Principal component analysis (PCA) is widely used for data reduction in group independent component analysis (ICA) of fMRI data. Commonly, group-level PCA of temporally concatenated datasets is computed prior to ICA of the group principal components. This work focuses on reducing very high dimensional temporally concatenated datasets into its group PCA space. Existing randomized PCA methods can determine the PCA subspace with minimal memory requirements and, thus, are ideal for solving large PCA problems. Since the number of dataloads is not typically optimized, we extend one of these methods to compute PCA of very large datasets with a minimal number of dataloads. This method is coined multi power iteration (MPOWIT). The key idea behind MPOWIT is to estimate a subspace larger than the desired one, while checking for convergence of only the smaller subset of interest. The number of iterations is reduced considerably (as well as the number of dataloads), accelerating convergence without loss of accuracy. More importantly, in the proposed implementation of MPOWIT, the memory required for successful recovery of the group principal components becomes independent of the number of subjects analyzed. Highly efficient subsampled eigenvalue decomposition techniques are also introduced, furnishing excellent PCA subspace approximations that can be used for intelligent initialization of randomized methods such as MPOWIT. Together, these developments enable efficient estimation of accurate principal components, as we illustrate by solving a 1600-subject group-level PCA of fMRI with standard acquisition parameters, on a regular desktop computer with only 4 GB RAM, in just a few hours. MPOWIT is also highly scalable and could realistically solve group-level PCA of fMRI on thousands of subjects, or more, using standard hardware, limited only by time, not memory. Also, the MPOWIT algorithm is highly parallelizable, which would enable fast, distributed implementations ideal for big data analysis. Implications to other methods such as expectation maximization PCA (EM PCA) are also presented. Based on our results, general recommendations for efficient application of PCA methods are given according to problem size and available computational resources. MPOWIT and all other methods discussed here are implemented and readily available in the open source GIFT software.
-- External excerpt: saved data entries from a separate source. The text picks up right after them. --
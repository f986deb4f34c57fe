-- ===== src/Generics/Cloned.antt =====
-- What `cloneStmt` (Compiler/generics.cpp) gives.
use noe_code.Prelude.{◌≡◌, refl, ap, none, some}
use noe_code.Ast.{
  Expr, Exprs, literal, name, unary, binary, call, cast, index, member, array, no_exprs, more_exprs,
  Stmt, Stmts, OptStmt, expr_stmt, let_stmt, block_stmt, if_stmt, while_stmt, return_stmt,
  throw_stmt, function_stmt, record_stmt, import_stmt, module_stmt, no_stmts, more_stmts, no_stmt,
  some_stmt,
}
use noe_code.Generics.Clone.{clone_expr, clone_exprs, clone_stmt, clone_stmts, clone_branch}

-- A copy is the tree itself.
mutual
  unfolding clone_expr clone_exprs

  clone_expr_same : (e : Expr) → clone_expr e ≡ e
  clone_expr_same (literal sp v) = refl
  clone_expr_same (name sp x) = refl
  clone_expr_same (unary sp op e w v) = ap (λ x. unary sp op x w v) (clone_expr_same e)
  clone_expr_same (binary sp l op r) = cc (clone_expr_same l, clone_expr_same r)
  clone_expr_same (call sp f es info) = cc (clone_expr_same f, clone_exprs_same es)
  clone_expr_same (cast sp e t) = ap (λ x. cast sp x t) (clone_expr_same e)
  clone_expr_same (index sp o i info) = cc (clone_expr_same o, clone_expr_same i)
  clone_expr_same (member sp o x info) = ap (λ y. member sp y x info) (clone_expr_same o)
  clone_expr_same (array sp es w) = ap (λ x. array sp x w) (clone_exprs_same es)

  clone_exprs_same : (es : Exprs) → clone_exprs es ≡ es
  clone_exprs_same no_exprs = refl
  clone_exprs_same (more_exprs e es) = cc (clone_expr_same e, clone_exprs_same es)

mutual
  unfolding clone_stmt clone_stmts clone_branch

  clone_stmt_same : (s : Stmt) → clone_stmt s ≡ s
  clone_stmt_same (expr_stmt sp e) = ap (λ x. expr_stmt sp x) (clone_expr_same e)
  clone_stmt_same (let_stmt sp c x t e) = ap (λ y. let_stmt sp c x t y) (clone_expr_same e)
  clone_stmt_same (block_stmt sp body u) = ap (λ x. block_stmt sp x u) (stmts_same body)
  clone_stmt_same (if_stmt sp e s o) =
      cc (clone_expr_same e, clone_stmt_same s, clone_branch_same o)
  clone_stmt_same (while_stmt sp e s) = cc (clone_expr_same e, clone_stmt_same s)
  clone_stmt_same (return_stmt sp none) = refl
  clone_stmt_same (return_stmt sp (some e)) = ap (λ x. return_stmt sp (some x)) (clone_expr_same e)
  clone_stmt_same (throw_stmt sp e) = ap (λ x. throw_stmt sp x) (clone_expr_same e)
  clone_stmt_same (function_stmt g body) = refl
  clone_stmt_same (record_stmt r) = refl
  clone_stmt_same (import_stmt sp x) = refl
  clone_stmt_same (module_stmt sp x) = refl

  stmts_same : (ss : Stmts) → clone_stmts ss ≡ ss
  stmts_same no_stmts = refl
  stmts_same (more_stmts s ss) = cc (clone_stmt_same s, stmts_same ss)

  clone_branch_same : (o : OptStmt) → clone_branch o ≡ o
  clone_branch_same no_stmt = refl
  clone_branch_same (some_stmt s) = ap (λ x. some_stmt x) (clone_stmt_same s)

pub clone_stmts_same : (ss : Stmts) → clone_stmts ss ≡ ss
clone_stmts_same ss = stmts_same ss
主成分分析(PCA)在功能磁共振成像(fMRI)数据的组独立成分分析(ICA)中被广泛用于数据降维。通常,在对组主成分进行ICA之前,先对时间上串联的数据集进行组级PCA计算。这项工作专注于将非常高维的时间上串联的数据集降维到其组PCA空间。现有的随机PCA方法可以用最小的内存需求确定PCA子空间,因此,非常适合解决大型PCA问题。由于数据加载次数通常未得到优化,我们扩展了其中一种方法,以用最少的数据加载次数计算非常大的数据集的PCA。这种方法被称为多幂迭代(MPOWIT)。MPOWIT背后的关键思想是估计一个比所需子空间更大的子空间,同时只检查感兴趣的较小子集的收敛情况。迭代次数大幅减少(以及数据加载次数),在不损失准确性的情况下加速收敛。更重要的是,在MPOWIT的建议实现中,成功恢复组主成分所需的内存变得与所分析的受试者数量无关。还引入了高效的子采样特征值分解技术,提供了出色的PCA子空间近似值,可用于MPOWIT等随机方法的智能初始化。这些进展共同实现了准确主成分的高效估计,正如我们通过在一台只有4GB内存的普通台式计算机上,在短短几个小时内解决具有标准采集参数的1600名受试者的fMRI组级PCA所说明的那样。MPOWIT也具有高度可扩展性,实际上可以使用标准硬件解决数千名或更多受试者的fMRI组级PCA,仅受时间限制,不受内存限制。此外,MPOWIT算法具有高度可并行性,这将实现适用于大数据分析的快速分布式实现。还介绍了对期望最大化PCA(EM PCA)等其他方法的影响。根据我们的结果,根据问题规模和可用计算资源,给出了PCA方法有效应用的一般建议。MPOWIT和这里讨论的所有其他方法都已在开源GIFT软件中实现并随时可用。